One of the most famous and long-lasting to emerge from this wave was The Five Fingers who were active from the mid-1960s until 1977 and played a continental repertoire of Armenian English, French, Italian, and Spanish pop songs. 

The Five Fingers
A collage featuring images of the band during performances (Courtesy: The Five Fingers)

The band members were Dikran Mekhsian on drums, lead singer Mihran Kruzian, aka Mimo, Boghos Shahmelikian on bass, Hagop Andezian on solo guitar, and Nazo Momjian on rhythm guitar. Rehearsing in the basement of the Armenian Catholic Patriarchate, the band started out performing in annual student dances and opened for famous international Armenian musicians who were performing in Lebanon, such as Mark Aryan and Charles Aznavour, and later got regular gigs in popular summer resorts in the Lebanese mountains as well as the nightclubs and restaurants of Beirut.

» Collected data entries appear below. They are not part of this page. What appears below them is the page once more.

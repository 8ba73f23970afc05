-- ===== src/Applypatch/Utils.antt =====
-- Little-endian numbers (applypatch/utils.c) and the sign-and-magnitude numbers of a binary patch
-- (offtin of applypatch/bspatch.c, offtout of applypatch/bsdiff.c).
use open_recovery.Base.{
  ◌-◌, ◌≤◌, ap, ◌∙◌, ℕ, ◌+◌, ◌*◌, ◌/◌, ◌%◌, ◌^◌, ◌<◌, ◌≡◌, ltb, leb, if◌then◌else◌, ℤ, pos, negsuc,
  pos_part, neg_part, ltb_ℤ, neg_ℤ, arith,
}

-- The eight bytes that Read8 and offtin are given.
pub record Eight : Type 0 where
  pub b0 : ℕ
  pub b1 : ℕ
  pub b2 : ℕ
  pub b3 : ℕ
  pub b4 : ℕ
  pub b5 : ℕ
  pub b6 : ℕ
  pub b7 : ℕ

pub record AreBytes (e : Eight) : Type 0 where
  pub r0 : e.b0 < 256
  pub r1 : e.b1 < 256
  pub r2 : e.b2 < 256
  pub r3 : e.b3 < 256
  pub r4 : e.b4 < 256
  pub r5 : e.b5 < 256
  pub r6 : e.b6 < 256
  pub r7 : e.b7 < 256

-- A number is its two's complement pattern. The shifted bytes have no digit in common, so that `|` is
-- a sum.
-- Write4
unfoldable pub write4 : ℕ → ℕ × ℕ × ℕ × ℕ
write4 value = (value % 256, value / 2 ^ 8 % 256, value / 2 ^ 16 % 256, value / 2 ^ 24 % 256)

-- Write8
unfoldable pub write8 : ℕ → Eight
write8 value = record {
  b0 = value % 256;
  b1 = value / 2 ^ 8 % 256;
  b2 = value / 2 ^ 16 % 256;
  b3 = value / 2 ^ 24 % 256;
  b4 = value / 2 ^ 32 % 256;
  b5 = value / 2 ^ 40 % 256;
  b6 = value / 2 ^ 48 % 256;
  b7 = value / 2 ^ 56 % 256;
}

-- Read2
unfoldable pub read2 : ℕ → ℕ → ℕ
read2 p0 p1 = p1 * 2 ^ 8 + p0

-- Read4
unfoldable pub read4 : ℕ × ℕ × ℕ × ℕ → ℕ
read4 (p0, p1, p2, p3) = p3 * 2 ^ 24 + p2 * 2 ^ 16 + p1 * 2 ^ 8 + p0

-- Read8
unfoldable pub read8 : Eight → ℕ
read8 p =
    p.b7 * 2 ^ 56
    + p.b6 * 2 ^ 48
    + p.b5 * 2 ^ 40
    + p.b4 * 2 ^ 32
    + p.b3 * 2 ^ 24
    + p.b2 * 2 ^ 16
    + p.b1 * 2 ^ 8
    + p.b0

-- the long with a pattern of 32 bits
abbrev pub as_long : ℕ → ℤ
as_long n = if ltb n (2 ^ 31) then pos n else negsuc (2 ^ 32 - 1 - n)

-- what an off_t, a long of 32 bits, makes of a number
unfoldable pub to_long : ℤ → ℤ
to_long (pos n) = as_long (n % 2 ^ 32)
to_long (negsuc n) = as_long (2 ^ 32 - 1 - n % 2 ^ 32)

pub to_long-same : (x : ℤ) → pos_part x < 2 ^ 31 → neg_part x ≤ 2 ^ 31 → to_long x ≡ x
unfolding to_long
to_long-same (pos n) h k = ground arith
to_long-same (negsuc n) h k = ground arith

-- offtin; its sums and its sign are of an off_t
unfoldable pub offtin : Eight → ℤ
offtin buf =
    let y7 = buf.b7 % 128 in
    let y6 = y7 * 256 + buf.b6 in
    let y5 = y6 * 256 + buf.b5 in
    let y4 = y5 * 256 + buf.b4 in
    let y3 = y4 * 256 + buf.b3 in
    let y2 = y3 * 256 + buf.b2 in
    let y1 = y2 * 256 + buf.b1 in
    let y0 = y1 * 256 + buf.b0 in to_long (if leb 128 buf.b7 then neg_ℤ (pos y0) else pos y0)

-- offtout of an off_t above -2 ^ 31; `y -= buf[i]; y = y / 256` is `y / 256`
unfoldable pub offtout : ℤ → Eight
offtout x =
    let y0 = pos_part x + neg_part x in
    let y1 = y0 / 256 in
    let y2 = y1 / 256 in
    let y3 = y2 / 256 in
    let y4 = y3 / 256 in
    let y5 = y4 / 256 in
    let y6 = y5 / 256 in
    let y7 = y6 / 256 in
    record {
      b0 = y0 % 256;
      b1 = y1 % 256;
      b2 = y2 % 256;
      b3 = y3 % 256;
      b4 = y4 % 256;
      b5 = y5 % 256;
      b6 = y6 % 256;
      b7 =
          if ltb_ℤ x (pos 0)
          then (if ltb (y7 % 256) 128 then y7 % 256 + 128 else y7 % 256)
          else y7 % 256;
    }

-- Four bytes that Write4 writes are read back by Read4, and a number that Read4 reads from four bytes
-- is written back as these.
pub read4-write4 :
    (value p0 p1 p2 p3 : ℕ)
    → value < 2 ^ 32
    → p0 < 256
    → p1 < 256
    → p2 < 256
    → p3 < 256
    → (read4 (write4 value) ≡ value) × (write4 (read4 (p0, p1, p2, p3)) ≡ (p0, p1, p2, p3))
unfolding read4 write4
read4-write4 value p0 p1 p2 p3 h h0 h1 h2 h3 = (omega arith, ground arith)

-- The eight bytes that Write8 writes are read back by Read8, and a number that Read8 reads from eight
-- bytes is written back as these.
pub read8-write8 :
    (value : ℕ) (bytes : Eight)
    → value < 2 ^ 64
    → AreBytes bytes
    → (read8 (write8 value) ≡ value) × (write8 (read8 bytes) ≡ bytes)
unfolding read8 write8
read8-write8 value bytes h all = (omega arith, ground arith)

magnitude : (x : ℤ) → pos_part x < 2 ^ 31 → neg_part x < 2 ^ 31 → offtin (offtout x) ≡ to_long x
unfolding offtin offtout
magnitude (pos n) h k = ap to_long (ground arith)
magnitude (negsuc n) h k = ap to_long (ground arith)

-- A number whose magnitude is below 2 ^ 31, written by offtout, is read back by offtin, whatever its
-- sign.
pub offtin-offtout : (x : ℤ) → pos_part x < 2 ^ 31 → neg_part x < 2 ^ 31 → offtin (offtout x) ≡ x
offtin-offtout x h k = magnitude x h k ∙ to_long-same x h (omega (arith, k))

They produced a series of 45rpm singles including their biggest hit Armenia, a protest song about the Armenian genocide and independence from the Soviet Union.

In 1974, the band released their debut self-titled album, featuring 12 Armenian-language covers of pop songs, arranged by Jacques Kodjian and a couple of their own compositions, but it was a flop.

Their second album, which was in the process of being recording when the civil war broke out and was composed entirely by the band, was never released.

8. Jacques Kodjian

Jacques Kodjian was the backbone of the Lebanese-Armenian music scene. His name appears on the vast majority of Armenian releases from the 1960s and 1970s as composer, arranger, bandleader, and pianist.

Born to a musical family in Beirut, Kodjian’s father, Haig, was a clarinet player, his elder brother, Varoujan, was a conductor, his younger brother, Mihran, a violinist, and his sister, Sossi, was a singer.

Kodjian’s contribution to the music of the Armenian diaspora was immense, he was a virtuoso pianist with a distinctive sound that can be clearly heard on the records of Adiss Harmandian, The Five Fingers, Ara Kekedjian, Haro Pourian, Ara Guiragossian, and Paul Baghdadlian, alongside many others.

On his solo instrumental albums of the 1970s, he effortlessly moved between classical and oriental, easy listening and pop.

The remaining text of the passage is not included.